[Collected data]

....

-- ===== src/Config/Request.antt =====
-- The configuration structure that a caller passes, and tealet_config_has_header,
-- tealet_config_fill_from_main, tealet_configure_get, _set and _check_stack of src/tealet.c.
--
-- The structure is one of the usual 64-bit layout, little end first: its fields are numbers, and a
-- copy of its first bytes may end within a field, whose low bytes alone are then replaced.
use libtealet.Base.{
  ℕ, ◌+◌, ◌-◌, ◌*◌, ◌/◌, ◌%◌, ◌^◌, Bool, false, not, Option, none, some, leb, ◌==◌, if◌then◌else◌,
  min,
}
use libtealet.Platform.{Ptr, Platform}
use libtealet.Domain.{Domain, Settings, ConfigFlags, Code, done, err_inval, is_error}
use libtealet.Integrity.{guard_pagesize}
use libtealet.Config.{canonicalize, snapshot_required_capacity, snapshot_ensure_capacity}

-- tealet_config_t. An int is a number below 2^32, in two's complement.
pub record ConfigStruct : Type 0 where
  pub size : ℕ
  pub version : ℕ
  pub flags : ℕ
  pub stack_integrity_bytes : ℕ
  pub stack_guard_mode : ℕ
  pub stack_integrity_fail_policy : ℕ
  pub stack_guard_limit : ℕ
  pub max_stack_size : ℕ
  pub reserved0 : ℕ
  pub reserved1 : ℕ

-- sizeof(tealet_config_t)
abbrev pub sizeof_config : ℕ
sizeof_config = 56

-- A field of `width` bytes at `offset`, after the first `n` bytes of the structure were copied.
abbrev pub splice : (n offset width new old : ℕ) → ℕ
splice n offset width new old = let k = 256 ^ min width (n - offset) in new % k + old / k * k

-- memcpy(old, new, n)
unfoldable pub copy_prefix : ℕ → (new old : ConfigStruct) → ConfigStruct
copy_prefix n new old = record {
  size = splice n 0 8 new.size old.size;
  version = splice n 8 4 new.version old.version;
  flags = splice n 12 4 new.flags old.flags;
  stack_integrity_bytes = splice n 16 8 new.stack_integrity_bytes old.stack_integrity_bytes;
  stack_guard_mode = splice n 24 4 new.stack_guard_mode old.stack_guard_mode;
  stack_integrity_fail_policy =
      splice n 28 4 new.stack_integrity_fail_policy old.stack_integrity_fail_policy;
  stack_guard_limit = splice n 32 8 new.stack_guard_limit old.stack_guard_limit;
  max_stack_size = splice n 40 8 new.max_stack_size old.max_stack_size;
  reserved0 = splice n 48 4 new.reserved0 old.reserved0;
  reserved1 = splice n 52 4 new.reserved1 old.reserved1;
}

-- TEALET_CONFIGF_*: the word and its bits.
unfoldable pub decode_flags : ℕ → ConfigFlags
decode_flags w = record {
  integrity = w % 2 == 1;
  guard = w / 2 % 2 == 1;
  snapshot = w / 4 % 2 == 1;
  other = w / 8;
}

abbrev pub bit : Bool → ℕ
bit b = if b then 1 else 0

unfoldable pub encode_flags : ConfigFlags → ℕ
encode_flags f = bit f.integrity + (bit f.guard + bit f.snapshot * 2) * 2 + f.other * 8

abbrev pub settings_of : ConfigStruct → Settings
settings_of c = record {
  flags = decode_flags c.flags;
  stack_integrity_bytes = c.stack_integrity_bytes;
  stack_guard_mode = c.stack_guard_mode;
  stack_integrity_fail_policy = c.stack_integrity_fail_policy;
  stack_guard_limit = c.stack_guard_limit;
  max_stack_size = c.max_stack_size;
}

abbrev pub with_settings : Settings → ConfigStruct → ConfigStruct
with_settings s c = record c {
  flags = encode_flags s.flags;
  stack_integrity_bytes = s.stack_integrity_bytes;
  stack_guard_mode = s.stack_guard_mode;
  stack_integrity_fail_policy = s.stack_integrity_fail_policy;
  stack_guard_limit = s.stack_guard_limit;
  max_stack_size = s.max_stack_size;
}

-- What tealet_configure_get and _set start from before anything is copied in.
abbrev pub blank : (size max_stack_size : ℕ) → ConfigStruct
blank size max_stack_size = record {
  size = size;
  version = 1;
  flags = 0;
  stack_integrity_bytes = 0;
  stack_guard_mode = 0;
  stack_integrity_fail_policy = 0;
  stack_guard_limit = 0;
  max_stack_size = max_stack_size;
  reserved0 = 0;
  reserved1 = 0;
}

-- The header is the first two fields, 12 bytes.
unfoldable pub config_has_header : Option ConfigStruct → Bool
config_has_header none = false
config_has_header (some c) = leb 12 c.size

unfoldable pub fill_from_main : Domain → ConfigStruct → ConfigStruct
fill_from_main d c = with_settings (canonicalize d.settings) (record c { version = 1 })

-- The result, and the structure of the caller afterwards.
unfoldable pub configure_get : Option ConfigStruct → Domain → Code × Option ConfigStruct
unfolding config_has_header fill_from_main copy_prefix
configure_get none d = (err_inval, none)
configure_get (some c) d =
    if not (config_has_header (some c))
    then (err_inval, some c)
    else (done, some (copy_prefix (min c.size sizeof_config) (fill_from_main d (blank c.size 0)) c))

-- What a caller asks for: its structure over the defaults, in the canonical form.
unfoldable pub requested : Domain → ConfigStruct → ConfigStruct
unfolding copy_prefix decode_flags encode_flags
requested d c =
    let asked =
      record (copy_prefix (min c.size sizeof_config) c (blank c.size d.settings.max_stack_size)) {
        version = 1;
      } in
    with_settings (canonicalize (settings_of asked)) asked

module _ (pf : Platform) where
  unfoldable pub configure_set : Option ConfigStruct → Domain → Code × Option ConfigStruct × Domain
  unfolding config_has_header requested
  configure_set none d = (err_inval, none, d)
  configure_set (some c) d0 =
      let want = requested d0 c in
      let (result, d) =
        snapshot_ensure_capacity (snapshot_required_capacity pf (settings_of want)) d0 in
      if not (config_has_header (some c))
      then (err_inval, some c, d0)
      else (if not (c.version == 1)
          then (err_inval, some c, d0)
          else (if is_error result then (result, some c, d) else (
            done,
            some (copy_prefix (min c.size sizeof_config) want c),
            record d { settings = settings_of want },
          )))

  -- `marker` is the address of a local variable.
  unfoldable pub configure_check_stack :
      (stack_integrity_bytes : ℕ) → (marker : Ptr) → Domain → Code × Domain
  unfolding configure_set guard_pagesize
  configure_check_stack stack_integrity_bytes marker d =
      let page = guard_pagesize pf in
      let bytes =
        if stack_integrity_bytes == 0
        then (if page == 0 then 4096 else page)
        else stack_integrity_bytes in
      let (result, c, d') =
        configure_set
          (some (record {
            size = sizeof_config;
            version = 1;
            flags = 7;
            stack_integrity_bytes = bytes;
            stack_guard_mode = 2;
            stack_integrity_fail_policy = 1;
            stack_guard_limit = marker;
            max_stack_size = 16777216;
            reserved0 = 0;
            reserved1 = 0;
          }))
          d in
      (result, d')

....

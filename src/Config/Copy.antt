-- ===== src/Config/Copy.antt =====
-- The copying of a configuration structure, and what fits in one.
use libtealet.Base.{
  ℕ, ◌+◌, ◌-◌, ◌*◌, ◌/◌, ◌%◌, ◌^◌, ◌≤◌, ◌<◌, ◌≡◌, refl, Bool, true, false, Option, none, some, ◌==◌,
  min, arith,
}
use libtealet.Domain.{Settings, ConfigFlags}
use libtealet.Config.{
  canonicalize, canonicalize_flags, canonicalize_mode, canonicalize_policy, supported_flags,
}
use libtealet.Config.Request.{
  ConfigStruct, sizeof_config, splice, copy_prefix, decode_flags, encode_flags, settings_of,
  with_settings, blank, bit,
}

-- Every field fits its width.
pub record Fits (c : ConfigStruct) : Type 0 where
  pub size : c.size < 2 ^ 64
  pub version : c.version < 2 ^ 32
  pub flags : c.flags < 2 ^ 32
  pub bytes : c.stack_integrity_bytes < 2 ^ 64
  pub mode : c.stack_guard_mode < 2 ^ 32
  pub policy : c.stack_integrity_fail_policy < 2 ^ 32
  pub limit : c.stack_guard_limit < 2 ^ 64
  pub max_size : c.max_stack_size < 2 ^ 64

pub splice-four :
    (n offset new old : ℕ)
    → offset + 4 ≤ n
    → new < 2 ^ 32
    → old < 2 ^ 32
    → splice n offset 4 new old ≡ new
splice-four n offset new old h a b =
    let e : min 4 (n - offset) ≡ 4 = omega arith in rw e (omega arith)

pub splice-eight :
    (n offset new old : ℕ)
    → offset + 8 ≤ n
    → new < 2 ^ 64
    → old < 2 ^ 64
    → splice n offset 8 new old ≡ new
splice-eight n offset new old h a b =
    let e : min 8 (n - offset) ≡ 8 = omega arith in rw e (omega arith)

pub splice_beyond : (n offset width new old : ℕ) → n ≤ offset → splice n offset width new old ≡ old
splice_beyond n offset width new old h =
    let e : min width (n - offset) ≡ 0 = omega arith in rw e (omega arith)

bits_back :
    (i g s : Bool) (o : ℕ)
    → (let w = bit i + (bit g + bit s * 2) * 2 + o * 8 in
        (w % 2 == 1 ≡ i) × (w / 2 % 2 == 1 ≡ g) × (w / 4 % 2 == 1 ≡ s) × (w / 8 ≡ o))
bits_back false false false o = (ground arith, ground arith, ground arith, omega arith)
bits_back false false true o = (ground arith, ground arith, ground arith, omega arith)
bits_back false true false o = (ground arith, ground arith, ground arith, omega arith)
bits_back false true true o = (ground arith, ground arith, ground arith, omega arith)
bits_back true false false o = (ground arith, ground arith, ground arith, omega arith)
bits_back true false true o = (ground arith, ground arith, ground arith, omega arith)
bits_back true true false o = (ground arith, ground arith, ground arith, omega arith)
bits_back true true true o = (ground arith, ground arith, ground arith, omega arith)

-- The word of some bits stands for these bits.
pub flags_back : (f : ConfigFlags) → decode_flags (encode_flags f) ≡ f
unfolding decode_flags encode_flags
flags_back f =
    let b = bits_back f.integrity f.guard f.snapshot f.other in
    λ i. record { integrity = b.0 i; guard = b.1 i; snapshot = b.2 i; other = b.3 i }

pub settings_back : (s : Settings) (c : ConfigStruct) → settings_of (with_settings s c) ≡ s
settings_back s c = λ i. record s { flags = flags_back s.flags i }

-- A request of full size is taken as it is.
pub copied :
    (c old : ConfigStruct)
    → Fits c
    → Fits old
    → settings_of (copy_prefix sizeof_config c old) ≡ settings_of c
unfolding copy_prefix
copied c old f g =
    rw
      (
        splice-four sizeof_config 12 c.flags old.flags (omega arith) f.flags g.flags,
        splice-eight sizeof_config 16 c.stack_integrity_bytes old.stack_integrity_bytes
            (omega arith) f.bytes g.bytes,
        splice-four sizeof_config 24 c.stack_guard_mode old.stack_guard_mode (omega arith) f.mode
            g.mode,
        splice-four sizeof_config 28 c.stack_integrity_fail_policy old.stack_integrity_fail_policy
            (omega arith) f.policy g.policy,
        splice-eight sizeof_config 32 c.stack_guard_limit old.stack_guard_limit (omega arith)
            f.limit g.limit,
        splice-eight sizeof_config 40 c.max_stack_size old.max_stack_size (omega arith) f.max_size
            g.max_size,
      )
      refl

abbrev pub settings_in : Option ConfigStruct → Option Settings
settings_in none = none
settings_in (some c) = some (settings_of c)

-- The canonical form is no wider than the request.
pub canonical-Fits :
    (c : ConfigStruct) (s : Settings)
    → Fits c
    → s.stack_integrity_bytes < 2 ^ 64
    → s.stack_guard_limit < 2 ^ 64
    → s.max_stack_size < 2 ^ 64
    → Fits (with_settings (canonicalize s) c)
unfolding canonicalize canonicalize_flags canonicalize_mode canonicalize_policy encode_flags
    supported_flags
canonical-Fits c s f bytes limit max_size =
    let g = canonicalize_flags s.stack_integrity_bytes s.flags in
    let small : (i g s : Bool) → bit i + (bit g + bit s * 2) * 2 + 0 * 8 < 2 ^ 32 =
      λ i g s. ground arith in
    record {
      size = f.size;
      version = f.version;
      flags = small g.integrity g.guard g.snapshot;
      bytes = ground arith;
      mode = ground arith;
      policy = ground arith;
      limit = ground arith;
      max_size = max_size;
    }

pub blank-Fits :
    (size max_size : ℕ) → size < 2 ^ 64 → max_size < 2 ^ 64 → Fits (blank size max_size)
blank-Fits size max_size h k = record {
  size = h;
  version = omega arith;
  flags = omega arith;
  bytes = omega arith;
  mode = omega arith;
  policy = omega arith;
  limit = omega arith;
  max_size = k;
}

....

* About this task
Find the word "eight" in the data and copy out each line where it turns up.

* Written solution
pub splice-eight :
splice-eight n offset new old h a b =
        splice-eight sizeof_config 16 c.stack_integrity_bytes old.stack_integrity_bytes
        splice-eight sizeof_config 32 c.stack_guard_limit old.stack_guard_limit (omega arith)
        splice-eight sizeof_config 40 c.max_stack_size old.max_stack_size (omega arith) f.max_size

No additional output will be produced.